I didn't realise he'd started climbing that early. May Day Climb sounds v impressive.
 John H Bull 08 Jan 2014
In reply to alan moore:
That's pretty much how I remember it too - 2nd pitch scary, third fairly amenable and no memory of a mantelshelf. As it happens, I up- then down-climbed most of the 2nd pitch in a gloomy howling gale on my first attempt (it all seemed much easier and less intimidating a year later on a calm summer day), so that resonated a bit. I especially liked AB's 'You don't get scared when you're leading' comment - not many people can say that and be believed!
Thanks Gordon - great stuff.
 pneame 08 Jan 2014
In reply to Gordon Stainforth:
Lovely getting these tales - I though the obit was nice (albeit with some inaccuracies), but this thread is much better. I'm hugely impressed with Arthur Birtwistle's memory - Diagonal was definitely one of "coming of age" routes, but I can' remember as much about it as he could and it was (for me) only about 40 years ago!

----
and indeed - fabulous portrait!
Post edited at 18:27
In reply to rob sykes:

a pleasure to read this forum topic about my late father. You are all right in what you say as the Guardian jumped the gun a wee bit on the drafting of Jims excellent piece. Yep, it wasnt Bury Grammar, it was Postmans Head, (and for the record radar directed AA was successful on VI but not, of course, on V2 !). Thanks again to you all in the climbing fraternity ... Phil Birtwistle
 Dave Garnett 14 Jan 2014
In reply to pasbury:

> Not to mention the Tilman & Shipton bio also published last year!

Yes, I was going on the general tone and conclusion of West , so I'm glad he's OK.
pasbury 16 Jan 2014
In reply to Dave Garnett:

West - a very strange & harrowing book that seems to have generated some ill feeling in a few folk.
 Mick Ward 16 Jan 2014
In reply to pasbury:

I feel it would be more respectful to the Birtwistle family for any discussion of West to be conducted on a separate thread.

Mick
pasbury 16 Jan 2014
In reply to Mick Ward:

Yes - my apologies - I'd delete it if I could.
 Mick Ward 16 Jan 2014
In reply to pasbury:

Ah no, don't worry. And I didn't mean to be officious.

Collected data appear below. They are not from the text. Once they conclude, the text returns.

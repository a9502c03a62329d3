-- ===== src/Client.antt =====
-- What the clients of `client/src` share: frames, and reading and writing on a socket. Each of the four
-- programs has its own copy of this code; the one of `test_file_transfer.cpp` is followed.
pub mod Requests
pub mod Sending
pub mod Chunks
pub mod Loop
pub mod Bounds
pub mod Frames
pub mod Answers
pub mod Exchange
pub mod Reading
pub mod Programs
pub mod Arguments
use computer_network_final_p.Base.{
  ℕ, ◌%◌, ◌^◌, Bool, not, List, [], ◌∷◌, ◌++◌, length, ltb, ◌==◌, if◌then◌else◌, Result, ok, err,
  text,
}
use computer_network_final_p.Base.Action.{Action, pure, lift, ◌>>=◌, ◌>>◌}
use computer_network_final_p.Wire.{Endian, put, hton}
use computer_network_final_p.Protocol.Message.{MessageHeaderWire, header_of}

-- A connected socket of Boost.Asio. `read n` waits for `n` bytes and `write` sends all that it is given;
-- both throw where the connection fails.
pub record Socket : Type 1 where
  pub State : Type 0
  pub read : ℕ → Action State (List ℕ)
  pub write : List ℕ → Action State (Unit {0})

abbrev pub magic : ℕ
magic = 0x46535831

abbrev pub version : ℕ
version = 1

-- The packed `Header`, its fields in network order, and the payload.
unfoldable pub make_frame : Endian → ℕ → List ℕ → List ℕ
make_frame h type payload =
    (put h 4 magic ++ (version ∷ type ∷ (put h 4 (length payload % 2 ^ 32) ++ put h 2 0)))
    ++ payload

unfoldable pub read_header : Endian → (S : Socket) → Action S.State MessageHeaderWire
read_header h S = do
  bytes ← S.read 12
  let header = header_of h bytes
  if not (hton h 4 header.magic_be == magic)
      then lift (err (text "bad magic"))
      else if not (header.version_byte == version)
      then lift (err (text "bad version"))
      else pure header

unfoldable pub read_payload : (S : Socket) → ℕ → Action S.State (List ℕ)
read_payload S len = if ltb 0 len then S.read len else pure []

-- A header of the type that is waited for, and its payload, of at least `least` bytes.
unfoldable pub read_answer :
    Endian → (S : Socket) → ℕ → ℕ → (ℕ → List ℕ) → List ℕ → Action S.State (List ℕ)
unfolding read_header read_payload
read_answer h S type least unexpected short = do
  header ← read_header h S
  if not (header.type_byte == type) then lift (err (unexpected header.type_byte)) else (do
    payload ← read_payload S (hton h 4 header.len_be)
    if ltb (length payload) least then lift (err short) else pure payload)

Within the constraints of national journalism (shifting timeframes, editorial intervention, etc) Jim will have done his very best to honour the memory of Arthur Birtwistle.

When climbers go, they're like fallen comrades. You do what you can to honour them.

I don't know whether you were in the church at Hathersage when Jim gave the eulogy for Paul Williams. At that time, 'the best valediction that any climber gave any other climber...’

Despite the tears, you could almost hear ghostly chuckles from the rafters and a, "Yeah, OK mate, fair do!" from Paul.

Jim had caught his character perfectly. And honoured him.